OpiniSerba Serbi

Ini Penyebabnya Mengapa Ada ASN Tidak Netral dalam Pilkada

REDAKSIBALI.COM – Komisi Pemilihan Umum (KPU) menetapkan 270 kabupaten/kota menggelar Pilkada serentak pada 2020. Adapun 270 daerah tersebut meliputi 9 pemilihan gubernur, 224 pemilihan bupati dan 37 pemilihan walikota.

Pemilihan Kepala Daerah (Pilkada) dapat memicu pemanfaatan birokrasi untuk kepentingan politik dalam Pilkada. Di berbagai daerah, calon kepala daerah petahana hampir selalu memobilisasi Aparatur Sipil Negara (ASN) untuk memenangkan dirinya. Seharusnya birokrasi dibebaskan dari pengaruh dan keterjalinan ikatan politik dengan kekuatan-kekuatan politik, sehingga pelayanan kepada masyarakat yang diberikan oleh birokrasi netral tidak memihak dan obyektif.
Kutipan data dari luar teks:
-- ===== src/I18n/Thai/Scanner.antt =====
-- i18n/th.ts: the Thai texts of the management of the terminal.
use adms_server.I18n.Translations.Scanner.{TerminalTexts}

abbrev pub terminal_management_th : TerminalTexts
terminal_management_th = record {
  title = "จัดการเครื่องสแกนลายนิ้วมือ";
  subtitle = "ตรวจสอบผู้ใช้งาน ลายนิ้วมือ และนำผู้ที่ย้ายออกแล้วออกจากเครื่อง";
  name_column = "ชื่อบุคคล";
  terminal_id_column = "รหัสเครื่อง";
  device_column = "เครื่อง";
  human_status_column = "สถานะบุคคล";
  account_status_column = "สถานะบัญชีบนเครื่อง";
  fingerprint_status_column = "สถานะลายนิ้วมือ";
  mapping_status_column = "การเชื่อมโยง";
  account_present = "พร้อมใช้งาน";
  account_absent = "ไม่พบบัญชีในเครื่อง";
  fingerprint_present = "มีลายนิ้วมือ";
  fingerprint_absent = "ไม่มีลายนิ้วมือ";
  fingerprint_unknown = "ต้องตรวจสอบ";
  human_active = "ใช้งานอยู่";
  human_inactive = "ย้ายออกแล้ว";
  human_unlinked = "ยังไม่เชื่อมโยงกับบุคคล";
  mapping_open = "เชื่อมโยงอยู่";
  mapping_closed = "เชื่อมโยงแล้ว (ปิดแล้ว)";
  mapping_none = "ยังไม่เชื่อมโยง";
  device_unreachable = "ติดต่อเครื่องไม่ได้";
  reenroll_button = "ลงลายนิ้วใหม่";
  remove_fingerprint_button = "ลบลายนิ้วมือ";
  remove_account_button = "นำผู้ใช้ออกจากเครื่อง";
  refresh_button = "ตรวจสอบอีกครั้ง";
  remove_fingerprint_confirm_title = "ลบลายนิ้วมือหรือไม่?";
  remove_fingerprint_confirm_body = "บัญชีผู้ใช้จะยังอยู่ในเครื่อง และประวัติการสแกนเดิมจะไม่ถูกลบ";
  remove_account_confirm_title = "นำออกจากเครื่องสแกนหรือไม่?";
  remove_account_confirm_body =
      "บุคคลและประวัติการสแกนเดิมจะยังอยู่ในระบบ แต่จะไม่สามารถใช้บัญชีนี้สแกนที่เครื่องได้อีก";
  remove_account_active_warning =
      "บุคคลนี้ยังใช้งานอยู่ หากลบผู้ใช้ออกจากเครื่อง บุคคลนี้จะไม่สามารถสแกนด้วยบัญชีนี้ได้";
  remove_account_acknowledge_label = "เข้าใจแล้ว ดำเนินการต่อ";
  reenroll_confirm_title = "เริ่มลงลายนิ้วมือใหม่หรือไม่?";
  reenroll_confirm_body = "ให้บุคคลไปที่เครื่องสแกนเพื่อวางนิ้วตามที่เครื่องแจ้ง";
  reenroll_cannot_cancel_notice = "เมื่อเริ่มแล้วไม่สามารถยกเลิกกลางคันได้ กรุณารอจนเสร็จสิ้น";
  reenroll_in_progress = "กำลังรอเครื่อง กรุณาให้บุคคลวางนิ้วที่เครื่องสแกน...";
  reenroll_success = "ลงลายนิ้วมือสำเร็จ";
  reenroll_failed = "ไม่สำเร็จ กรุณาลองใหม่";
  fingerprint_remove_success = "ลบลายนิ้วมือเรียบร้อยแล้ว";
  account_remove_success = "นำผู้ใช้ออกจากเครื่องเรียบร้อยแล้ว";
  already_absent_notice = "รายการนี้ไม่มีอยู่ในเครื่องแล้ว";
  viewer_no_access = "คุณไม่มีสิทธิ์ดำเนินการนี้";
}
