-- ===== src/I18n/Thai/Admin.antt =====
-- i18n/th.ts: the Thai texts of the system page, the live connection and the write session.
use adms_server.I18n.Translations.Admin.{SystemTexts, StreamTexts, WriteSessionTexts}

abbrev pub system_th : SystemTexts
system_th = record {
  title = "สถานะและตั้งค่าระบบ";
  subtitle = "ข้อมูลสุขภาพระบบ, บัญชีผู้ใช้ และตารางยศ";
  health_title = "สถานะการทำงานของบริการย่อย";
  api_service = "เว็บเซอร์วิส (Web API)";
  api_reachable = "เชื่อมต่อได้";
  database_service = "ฐานข้อมูล";
  mqtt_service = "ระบบแจ้งเตือนแบบสด";
  mqtt_hint = "ส่งข้อมูลอัปเดตแบบสดไปยังเบราว์เซอร์";
  collector_service = "ระบบเชื่อมต่อเครื่องสแกนลายนิ้วมือ";
  last_updated_label = "อัปเดตล่าสุด";
  change_password_title = "เปลี่ยนรหัสผ่านของคุณ";
  current_password = "รหัสผ่านปัจจุบัน";
  new_password = "รหัสผ่านใหม่ (อย่างน้อย 12 ตัวอักษร)";
  confirm_password = "ยืนยันรหัสผ่านใหม่";
  change_password_button = "บันทึกรหัสผ่านใหม่";
  password_changed_success = "เปลี่ยนรหัสผ่านสำเร็จเรียบร้อยแล้ว";
  rank_reference_title = "ตารางอ้างอิงยศทหารเรือ (RTN Ranks)";
  operators_title = "การจัดการบัญชีผู้ใช้งานระบบ";
  operators_subtitle = "สร้างและจัดการสิทธิ์ของผู้ใช้งาน ADMS Console (เฉพาะผู้ดูแลระบบ)";
  create_operator_button = "สร้างบัญชีผู้ใช้ใหม่";
  username = "ชื่อผู้ใช้ (Username)";
  display_name = "ชื่อที่แสดง (Display Name)";
  role = "สิทธิ์การใช้งาน (Role)";
  initial_password = "รหัสผ่านเริ่มต้น";
  create_account = "สร้างบัญชีผู้ใช้";
  toggle_active = "เปลี่ยนสถานะ";
  deactivate = "ปิดใช้งาน";
  activate = "เปิดใช้งาน";
  password_form_subtitle =
      "การเปลี่ยนรหัสผ่านจะออกจากระบบในอุปกรณ์อื่นทั้งหมด (เซสชันนี้ยังคงใช้งานได้ตามปกติ)";
  password_validation_error = "กรุณากรอกรหัสผ่านปัจจุบัน และรหัสผ่านใหม่อย่างน้อย 12 ตัวอักษร";
  operator_validation_error =
      "กรุณากรอกชื่อผู้ใช้ ชื่อที่แสดง และรหัสผ่าน (อย่างน้อย 12 ตัวอักษร) ให้ครบ";
  operator_create_success_prefix = "สร้างบัญชี";
  operator_create_success_suffix = "เรียบร้อยแล้ว";
  created_column = "สร้างเมื่อ";
  admin_only_badge = "เฉพาะผู้ดูแลระบบ";
  current_session_label = "(เซสชันนี้)";
  rank_table_hint = "ข้อมูลอ้างอิงกลางของระบบ";
  rank_th_full_column = "ยศเต็ม (ไทย)";
  rank_th_abbr_column = "คำย่อ (ไทย)";
  rank_en_column = "ยศ (อังกฤษ)";
  rank_en_abbr_column = "คำย่อ (อังกฤษ)";
  rank_category_column = "หมวดยศ";
  scheduler_title = "ช่วงเวลาทำงานอัตโนมัติ";
  scheduler_last_run = "รันล่าสุด";
  scheduler_never_run = "ยังไม่เคยรัน";
  scheduler_stale_warning =
      "ตัวตั้งเวลาไม่ได้ติดต่อ API มาเกิน 3 วัน — ตรวจสอบ service adms-auto-session บนเครื่องเซิร์ฟเวอร์";
  scheduler_subtitle =
      "เปิดช่วงเวลาทำงานอัตโนมัติ จันทร์–ศุกร์ 09:00–18:00 Asia/Bangkok (เฉพาะผู้ดูแลระบบ)";
  scheduler_toggle_label = "ช่วงเวลาทำงานอัตโนมัติ (จันทร์–ศุกร์ 09:00–18:00)";
  scheduler_toggle_hint =
      "เมื่อเปิดใช้งาน ระบบจะเปิดช่วงเวลาทำงานอัตโนมัติเวลา 09:00 และปิด 18:00 ในวันทำการ นอกช่วงเวลานี้ระบบจะล็อกการแก้ไขจนกว่าจะเปิดด้วยตนเอง";
  scheduler_enabled_badge = "ตั้งเวลาอัตโนมัติ: เปิด";
  scheduler_disabled_badge = "ตั้งเวลาอัตโนมัติ: ปิด";
  scheduler_active_window_badge = "ช่วงเวลาอัตโนมัติกำลังทำงาน";
  scheduler_manual_badge = "โหมดกำหนดเอง";
  scheduler_locked_badge = "ล็อกการแก้ไข";
  scheduler_admin_only_hint = "เฉพาะผู้ดูแลระบบ (ADMIN) เท่านั้นที่เปิด/ปิดการตั้งเวลาอัตโนมัติได้";
  scheduler_load_error = "โหลดการตั้งเวลาไม่สำเร็จ";
  scheduler_update_success = "อัปเดตการตั้งเวลาสำเร็จ";
  scheduler_update_failed = "ไม่สามารถอัปเดตการตั้งเวลาได้";
  scheduler_toggle_on = "เปิดตั้งเวลาอัตโนมัติ";
  scheduler_toggle_off = "ปิดตั้งเวลาอัตโนมัติ";
}

abbrev pub stream_th : StreamTexts
stream_th = record {
  connected = "เชื่อมต่อข้อมูลสดแล้ว";
  connecting = "กำลังเชื่อมต่อ...";
  disconnected = "การเชื่อมต่อข้อมูลสดขาดหาย — สามารถลองใหม่ได้";
  retry = "เชื่อมต่อใหม่";
}

abbrev pub write_session_th : WriteSessionTexts
write_session_th = record {
  title = "ช่วงเวลาแก้ไขข้อมูล";
  locked_title = "ระบบยังไม่เปิดให้บันทึกข้อมูล";
  locked_body = "หากต้องการลงทะเบียนกำลังพลหรือแก้ไขการจับคู่ กรุณาเปิดช่วงเวลาทำงานก่อน";
  active_title = "เปิดให้แก้ไขข้อมูลอยู่";
  opened_by_label = "เปิดโดย";
  remaining_label = "เวลาที่เหลือ";
  reason_label = "เหตุผล";
  reason_placeholder = "เช่น ลงทะเบียนกำลังพล — อาคาร 3";
  open_button = "เปิดช่วงเวลาทำงาน";
  close_button = "ปิดช่วงเวลาทำงานตอนนี้";
  opening = "กำลังเปิด...";
  closing = "กำลังปิด...";
  open_failed = "ไม่สามารถเปิดช่วงเวลาทำงานได้";
  already_active = "มีช่วงเวลาทำงานเปิดอยู่แล้ว";
  admin_only_hint =
      "เฉพาะเจ้าหน้าที่ปฏิบัติงานหรือผู้ดูแลระบบเท่านั้นที่เปิดหรือปิดช่วงปฏิบัติงานได้";
  badge_locked = "🔒 ยังไม่เปิดให้แก้ไข";
  badge_active = "🟢 เปิดให้แก้ไขอยู่";
}
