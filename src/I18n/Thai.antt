-- ===== src/I18n/Thai.antt =====
-- i18n/th.ts: the Thai texts.
pub mod Basics
pub mod Overview
pub mod Leave
pub mod Workflow
pub mod People
pub mod Enrollment
pub mod Scanner
pub mod Admin
use adms_server.I18n.Translations.{Translations}
use Basics.{common_th, nav_th, status_th, roles_th}
use Overview.{login_th, dashboard_th, attendance_th, devices_th, audit_th}
use Leave.{leave_th}
use Workflow.{workflow_th}
use People.{personnel_th, mappings_th}
use Enrollment.{enrollment_th}
use Scanner.{terminal_management_th}
use Admin.{system_th, stream_th, write_session_th}

abbrev pub th : Translations
th = record {
  common = common_th;
  nav = nav_th;
  status = status_th;
  roles = roles_th;
  login = login_th;
  dashboard = dashboard_th;
  leave = leave_th;
  workflow = workflow_th;
  personnel = personnel_th;
  enrollment = enrollment_th;
  attendance = attendance_th;
  devices = devices_th;
  mappings = mappings_th;
  terminal_management = terminal_management_th;
  audit = audit_th;
  system = system_th;
  stream = stream_th;
  write_session = write_session_th;
}
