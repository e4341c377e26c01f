-- ===== src/I18n/Language.antt =====
-- i18n/index.tsx: the language provider. The browser's storage is what it holds under the key
-- adms.locale, or an error where it is not accessible.
pub mod Laws
use adms_server.Common.{String, Option, none, some, if◌then◌else◌, str_eq}
use adms_server.Api.Request.{Outcome, done, failed}
use adms_server.I18n.Locale.{Locale}
use adms_server.I18n.Translations.{Translations}
use adms_server.I18n.English.{en}
use adms_server.I18n.Thai.{th}

abbrev pub translations_map : Locale → Translations
translations_map Locale.th = th
translations_map Locale.en = en

-- `type Locale` as the text that is stored.
abbrev locale_key : Locale → String
locale_key Locale.th = "th"
locale_key Locale.en = "en"

abbrev Storage : Type 0
Storage = Outcome (Option String)

-- The initial state: what is stored, if it is a language, and else Thai.
unfoldable pub initial_locale : Storage → Locale
initial_locale (done (some stored)) =
    if str_eq stored "en" then Locale.en else if str_eq stored "th" then Locale.th else Locale.th
initial_locale (done none) = Locale.th
initial_locale (failed m) = Locale.th

pub record Language : Type 0 where
  pub locale : Locale
  pub storage : Storage

abbrev stored : Locale → Storage → Storage
stored l (done v) = done (some (locale_key l))
stored l (failed m) = failed m

unfoldable pub set_locale : Locale → Language → Language
set_locale l s = record { locale = l; storage = stored l s.storage }

-- The page is loaded: the provider starts with the storage as it is.
unfoldable pub load : Storage → Language
unfolding initial_locale
load storage = record { locale = initial_locale storage; storage = storage }
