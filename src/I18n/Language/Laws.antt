-- ===== src/I18n/Language/Laws.antt =====
-- The language that is chosen, and the texts in both languages.
use Prim.Native.Char.{code}
use Prim.Native.String.{String, [], ◌∷◌}
use adms_server.Common.{Bool, false, not, ◌||◌, Option, map, ◌==◌, ◌≡◌, refl, if◌then◌else◌}
use adms_server.Api.Request.{done, failed}
use adms_server.I18n.Locale.{Locale}
use adms_server.I18n.Translations.{texts}
use adms_server.I18n.Language.{Language, translations_map, set_locale, load}

-- The placeholders of a text, one after the other, with their braces.
abbrev holes : Bool → String → String
holes inside [] = []
holes inside (c ∷ s) =
    let opened = if inside then not (code c == 125) else code c == 123 in
    let rest = holes opened s in if inside || opened then c ∷ rest else rest

abbrev pub placeholders : String → String
placeholders s = holes false s

-- Every text has the same placeholders in both languages, in the same order.
pub placeholders-eq :
    (l m : Locale)
    → map placeholders (texts (translations_map l)) ≡ map placeholders (texts (translations_map m))
placeholders-eq Locale.th Locale.th = refl
placeholders-eq Locale.th Locale.en = refl
placeholders-eq Locale.en Locale.th = refl
placeholders-eq Locale.en Locale.en = refl

-- Where the storage is accessible, a language that is set is shown at once, and again after the page
-- is loaded anew; where it is not, it is shown until then, and a new page begins in Thai.
pub locale_roundtrip :
    (l : Locale) (s : Language)
    → ((set_locale l s).locale ≡ l)
      × ((v : Option String) → s.storage ≡ done v → (load (set_locale l s).storage).locale ≡ l)
      × ((m : String) → s.storage ≡ failed m → (load (set_locale l s).storage).locale ≡ Locale.th)
unfolding load set_locale
locale_roundtrip Locale.th s = (refl, λ v e. rw e refl, λ m e. rw e refl)
locale_roundtrip Locale.en s = (refl, λ v e. rw e refl, λ m e. rw e refl)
Birokrasi yang memihak atau tidak netral dapat melahirkan korupsi politik yang justru mengubah proses pilkada diwarnai tindakan-tindakan tidak terpuji.2

Penelitian yang dilakukan oleh Sutrisno dari Fakultas Syariah IAIN Surakarta terkait Prinsip Netralitas Aparatur Sipil Negara dalam Pemilihan Kepala Daerah menemukan bahwa di Surakarta, Sragen, dan Bantul, beberapa PNS tidak netral.

Sutrisno menyebutkan faktor penyebab ketidaknetralan ASN ini antara lain, loyalitas ASN, hubungan kekeluargaan, ambisi karir jabatan, ambiguitas peraturan, lemahnya penegakan hukum, serta rendahnya kesadaran masyarakat dalam berbudaya hukum.

Pewujudan netralitas ASN dalam Pilkada dapat dilakukan dengan melibatkan secara optimal peranan beberapa institusi terkait, antara lain Komisi Aparatur Sipil Negara (KASN), Pimpinan Birokrasi, Inspektorat Daerah, dan Badan Kepegawaian Daerah, Komisi Pemilihan Umum, dan Badan Pengawas Pemilu.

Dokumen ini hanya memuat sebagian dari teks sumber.